Source data:
*** Begin section ***

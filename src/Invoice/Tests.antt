-- ===== src/Invoice/Tests.antt =====
-- Invoices of a small table.
use angavu_intelligence_back.Common.{
  ◌*◌, ℕ, zero, suc, ◌+◌, ◌/◌, ◌%◌, ◌≡◌, ◌≢◌, refl, false, some, none, List, [], ◌∷◌, ◌++◌, codes,
  ok, err, same_text, retain, any, drop, Bool-cases, inl, inr, ltb, arith,
}
use angavu_intelligence_back.Invoice.{
  Invoice, InvoiceRow, unique_violation, into_invoice, issued_row, insert_row, insert_invoice,
  create_invoice, generate_invoice_number, get_invoice, has_id, pay, mark_invoice_paid, expire,
  process_overdue_invoices, day,
}
use angavu_intelligence_back.Invoice.Status
use angavu_intelligence_back.Invoice.Number.{
  decimal, decimal_on, padded, zeros, number, like_year, year_prefix, starts_with,
}
use angavu_intelligence_back.Invoice.Number.Text.{IsPlain}
use angavu_intelligence_back.Invoice.Numbering.{count_year}
use angavu_intelligence_back.Invoice.History.{
  Call, create, paid, overdue, perform, run, create_invoice-run, both_created,
}
use angavu_intelligence_back.Invoice.Lifecycle.{paid_by, checked}
use angavu_intelligence_back.Invoice.Settled.{run-settled}
use angavu_intelligence_back.Invoice.Listing.{
  pos, InvoiceListParams, list_invoices, take, insert_newest, newest_first, listed, limit_of,
  offset_of, page,
}

number_2026 : number (codes "2026") 42 ≡ codes "INV-2026-00042"
unfolding number padded decimal decimal_on zeros
number_2026 = refl

long_number : number (codes "2026") 123456 ≡ codes "INV-2026-123456"
unfolding number padded decimal decimal_on zeros
long_number = refl

-- The year of a time, in years of 365 days.
abbrev year_of : ℕ → List ℕ
year_of now = decimal (1970 + now / (365 * day))

All-concat : (s : List ℕ) (c : ℕ) → IsPlain s → c ≢ 45 → IsPlain (s ++ c ∷ [])
All-concat [] c p q = (q, tt)
All-concat (a ∷ s) c p q = (p.0, All-concat s c p.1 q)

digit : (n : ℕ) → 48 + n ≢ 45
digit n e = omega arith

plain_on : (fuel n : ℕ) → IsPlain (decimal_on fuel n)
unfolding decimal_on
plain_on zero n = tt
plain_on (suc fuel) n = elim (Bool-cases (ltb n 10)) [
  | inl e ↦ rw e (digit n, tt)
  | inr e ↦ rw e (
      All-concat (decimal_on fuel (n / 10)) (48 + n % 10) (plain_on fuel (n / 10)) (digit (n % 10)))
]

plain : (t : ℕ) → IsPlain (year_of t)
unfolding decimal
plain t = plain_on (suc (1970 + t / (365 * day))) (1970 + t / (365 * day))

-- Two invoices are made, one is paid, and the other falls overdue.
abbrev calls : List Call
calls =
    create "a" 10 "mill" "s1" 5000000 "January"
    ∷ create "b" 20 "shop" "s2" 10000000 "January"
    ∷ paid "a" "QK1" (2 * day)
    ∷ overdue (9 * day)
    ∷ []

abbrev table : List InvoiceRow
table = run year_of calls []

-- The second is the second of its year, and has its tax.
second_invoice :
    create_invoice year_of "b" 20 "shop" "s2" 10000000 "January"
      (run year_of (create "a" 10 "mill" "s1" 5000000 "January" ∷ []) [])
    ≡ (let r = issued_row "b" 20 (codes "INV-1970-00002") "shop" "s2" 10000000 "January" in
        ok (
          into_invoice r,
          r ∷ issued_row "a" 10 (codes "INV-1970-00001") "mill" "s1" 5000000 "January" ∷ [],
        ))
unfolding run perform create_invoice generate_invoice_number insert_invoice insert_row issued_row
    into_invoice retain like_year year_prefix starts_with any same_text number padded decimal
    decimal_on zeros Status.from_str
second_invoice = refl

tax : (into_invoice (issued_row "b" 20 [] "shop" "s2" 10000000 "January")).total_kes ≡ 11600000
unfolding into_invoice issued_row
tax = refl

abbrev paid_invoice : Invoice
paid_invoice =
    paid_by "QK1" (2 * day)
      (into_invoice (issued_row "a" 10 (codes "INV-1970-00001") "mill" "s1" 5000000 "January"))

abbrev late_invoice : Invoice
late_invoice =
    checked (9 * day)
      (into_invoice (issued_row "b" 20 (codes "INV-1970-00002") "shop" "s2" 10000000 "January"))

paid_read : get_invoice "mill" "a" table ≡ some paid_invoice
unfolding run perform create_invoice generate_invoice_number insert_invoice insert_row issued_row
    into_invoice retain like_year year_prefix starts_with any same_text number padded decimal
    decimal_on zeros Status.from_str mark_invoice_paid pay process_overdue_invoices expire
    get_invoice
paid_read = refl

late_read : get_invoice "shop" "b" table ≡ some late_invoice
unfolding run perform create_invoice generate_invoice_number insert_invoice insert_row issued_row
    into_invoice retain like_year year_prefix starts_with any same_text number padded decimal
    decimal_on zeros Status.from_str mark_invoice_paid pay process_overdue_invoices expire
    get_invoice
late_read = refl

new_id : any (has_id "c") table ≡ false
unfolding run perform create_invoice generate_invoice_number insert_invoice insert_row issued_row
    into_invoice retain like_year year_prefix starts_with any same_text number padded decimal
    decimal_on zeros mark_invoice_paid pay process_overdue_invoices expire
new_id = refl

create_invoice-run_example : create_invoice year_of "c" 30 "mill" "s1" 5000000 "February" table ≡ (
    let r =
      issued_row "c" 30
        (number (year_of 30) (suc (count_year (year_of 30) table)))
        "mill"
        "s1"
        5000000
        "February" in
    ok (into_invoice r, r ∷ table))
create_invoice-run_example =
    create_invoice-run year_of plain calls "c" 30 "mill" "s1" 5000000 "February" new_id

abbrev first_row : InvoiceRow
first_row = issued_row "a" 10 (codes "INV-1970-00001") "mill" "s1" 5000000 "January"

first_stored :
    insert_invoice year_of "a" 10
      (generate_invoice_number year_of 10 [])
      "mill"
      "s1"
      5000000
      "January"
      []
    ≡ ok (into_invoice first_row, first_row ∷ [])
unfolding generate_invoice_number insert_invoice insert_row issued_row into_invoice retain any
    number padded decimal decimal_on zeros Status.from_str
first_stored = refl

both_created_example :
    insert_invoice year_of "b" 10
      (generate_invoice_number year_of 10 [])
      "shop"
      "s2"
      7
      "January"
      (first_row ∷ [])
    ≡ err unique_violation
both_created_example =
    both_created year_of [] (first_row ∷ []) "a" "b" 10 10 "mill" "shop" "s1" "s2" 5000000 7
      "January" "January" (into_invoice first_row) refl first_stored

run-settled_example :
    get_invoice "mill" "a" (run year_of (paid "a" "QK9" (20 * day) ∷ calls) table)
    ≡ some paid_invoice
run-settled_example =
    run-settled year_of (paid "a" "QK9" (20 * day) ∷ calls) table "mill" "a" paid_invoice refl
      paid_read

abbrev all_params : InvoiceListParams
all_params = record { status = none; limit = some (pos 1); offset = none }

one_listed :
    list_invoices "mill" all_params (first_row ∷ first_row ∷ []) ≡ ok (into_invoice first_row ∷ [])
unfolding list_invoices page limit_of offset_of newest_first insert_newest listed retain take drop
    issued_row into_invoice Status.from_str
one_listed = refl
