-- ===== src/KAnonymity.antt =====
-- rust-api/src/gateway/k_anonymity.rs: `KAnonymityEnforcer`, its decisions and its audit log.
-- The maps and the log behind locks are fields of one record, and each method is one step. The
-- formatted reason is kept as the two numbers in it. `usize` is 64 bits; `self.k as u32` keeps the
-- low 32 bits.
use angavu_intelligence_back.Common.{
  ℕ, ◌+◌, ◌-◌, ◌%◌, ◌^◌, max, Bool, true, false, not, Option, none, some, List, [], ◌∷◌, ◌++◌,
  String, str_eq, length, drop, trim, leb, retain, if◌then◌else◌,
}
pub mod Release
pub mod Cohorts
pub mod Merge
pub mod Conserve
mod Tests

abbrev pub min_k_anonymity : ℕ
min_k_anonymity = 10

pub data Reason : Type 0 where
  below_threshold : ℕ → ℕ → Reason

pub record KAnonymityAuditRecord : Type 0 where
  pub timestamp : ℕ
  pub cohort_key : String
  pub sample_size : ℕ  -- u32
  pub threshold : ℕ
  pub allowed : Bool
  pub endpoint : String
  pub reason : Option Reason

pub record KAnonymityEnforcer : Type 0 where
  pub k : ℕ
  pub cohort_sizes : List (String × ℕ)
  pub audit_log : List KAnonymityAuditRecord

pub record KAnonymityResult {ℓ} (T : Type ℓ) : Type ℓ where
  pub released : Option T  -- the field `data`
  pub k_anonymity : ℕ
  pub suppressed : Bool
  pub reason : Option Reason

unfoldable pub new : ℕ → KAnonymityEnforcer
new k = record { k = max k min_k_anonymity; cohort_sizes = []; audit_log = [] }

unfoldable pub standard : KAnonymityEnforcer
unfolding new
standard = new min_k_anonymity

insert : String → ℕ → List (String × ℕ) → List (String × ℕ)
insert key n [] = (key, n) ∷ []
insert key n ((j, m) ∷ sizes) =
    if str_eq j key then (key, n) ∷ sizes else (j, m) ∷ insert key n sizes

-- `if log.len() >= 1000 { log.drain(0..500); }`
abbrev pub make_room : List KAnonymityAuditRecord → List KAnonymityAuditRecord
make_room = trim 1000 500

unfoldable pub log_decision :
    ℕ → String → ℕ → String → Bool → Option Reason → KAnonymityEnforcer → KAnonymityEnforcer
log_decision now cohort_key sample_size endpoint allowed reason enforcer =
    let entry : KAnonymityAuditRecord = record {
      timestamp = now;
      cohort_key = cohort_key;
      sample_size = sample_size;
      threshold = enforcer.k;
      allowed = allowed;
      endpoint = endpoint;
      reason = reason;
    } in
    record enforcer { audit_log = make_room enforcer.audit_log ++ entry ∷ [] }

module _ {ℓ} {T : Type ℓ} where
  unfoldable pub enforce_with_audit :
      ℕ → String → T → ℕ → String → KAnonymityEnforcer → KAnonymityEnforcer × KAnonymityResult T
  unfolding log_decision insert
  enforce_with_audit now cohort_key value sample_size endpoint enforcer =
      let allowed = leb (enforcer.k % 2 ^ 32) sample_size in
      let reason : Option Reason =
        if allowed then none else some (below_threshold sample_size enforcer.k) in
      let e = log_decision now cohort_key sample_size endpoint allowed reason enforcer in
      let released : KAnonymityResult T = record {
        released = some value;
        k_anonymity = enforcer.k;
        suppressed = false;
        reason = none;
      } in
      let withheld : KAnonymityResult T = record {
        released = none;
        k_anonymity = enforcer.k;
        suppressed = true;
        reason = reason;
      } in
      if allowed
      then (record e { cohort_sizes = insert cohort_key sample_size e.cohort_sizes }, released)
      else (e, withheld)

  unfoldable pub enforce :
      ℕ → String → T → ℕ → KAnonymityEnforcer → KAnonymityEnforcer × KAnonymityResult T
  unfolding enforce_with_audit
  enforce now cohort_key value sample_size =
      enforce_with_audit now cohort_key value sample_size "unknown"

  -- The elements are handled in order, each at its own time.
  unfoldable pub enforce_batch_with_audit :
      String
      → List (ℕ × String × T × ℕ)
      → KAnonymityEnforcer
      → KAnonymityEnforcer × List (KAnonymityResult T)
  enforce_batch_with_audit endpoint [] enforcer = (enforcer, [])
  enforce_batch_with_audit endpoint ((now, key, value, size) ∷ results) enforcer =
      let (e, r) = enforce_with_audit now key value size endpoint enforcer in
      let (e', rs) = enforce_batch_with_audit endpoint results e in (e', r ∷ rs)

  unfoldable pub enforce_batch :
      List (ℕ × String × T × ℕ)
      → KAnonymityEnforcer
      → KAnonymityEnforcer × List (KAnonymityResult T)
  unfolding enforce_batch_with_audit
  enforce_batch = enforce_batch_with_audit "batch"

unfoldable pub recent_audit : ℕ → KAnonymityEnforcer → List KAnonymityAuditRecord
recent_audit limit enforcer = drop (length enforcer.audit_log - limit) enforcer.audit_log

unfoldable pub violation_count : KAnonymityEnforcer → ℕ
violation_count enforcer = length (retain (λ r. not r.allowed) enforcer.audit_log)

*** End section ***

■ Task goal: Write out exactly the lines above from the line with "ℕ → String → ℕ" through the line with "enforce now cohort_key", both of them included, and leave out all other lines.

■ Response below:
    ℕ → String → ℕ → String → Bool → Option Reason → KAnonymityEnforcer → KAnonymityEnforcer
log_decision now cohort_key sample_size endpoint allowed reason enforcer =
    let entry : KAnonymityAuditRecord = record {
      timestamp = now;
      cohort_key = cohort_key;
      sample_size = sample_size;
      threshold = enforcer.k;
      allowed = allowed;
      endpoint = endpoint;
      reason = reason;
    } in
    record enforcer { audit_log = make_room enforcer.audit_log ++ entry ∷ [] }

module _ {ℓ} {T : Type ℓ} where
  unfoldable pub enforce_with_audit :
      ℕ → String → T → ℕ → String → KAnonymityEnforcer → KAnonymityEnforcer × KAnonymityResult T
  unfolding log_decision insert
  enforce_with_audit now cohort_key value sample_size endpoint enforcer =
      let allowed = leb (enforcer.k % 2 ^ 32) sample_size in
      let reason : Option Reason =
        if allowed then none else some (below_threshold sample_size enforcer.k) in
      let e = log_decision now cohort_key sample_size endpoint allowed reason enforcer in
      let released : KAnonymityResult T = record {
        released = some value;
        k_anonymity = enforcer.k;
        suppressed = false;
        reason = none;
      } in
      let withheld : KAnonymityResult T = record {
        released = none;
        k_anonymity = enforcer.k;
        suppressed = true;
        reason = reason;
      } in
      if allowed
      then (record e { cohort_sizes = insert cohort_key sample_size e.cohort_sizes }, released)
      else (e, withheld)

  unfoldable pub enforce :
      ℕ → String → T → ℕ → KAnonymityEnforcer → KAnonymityEnforcer × KAnonymityResult T
  unfolding enforce_with_audit
  enforce now cohort_key value sample_size =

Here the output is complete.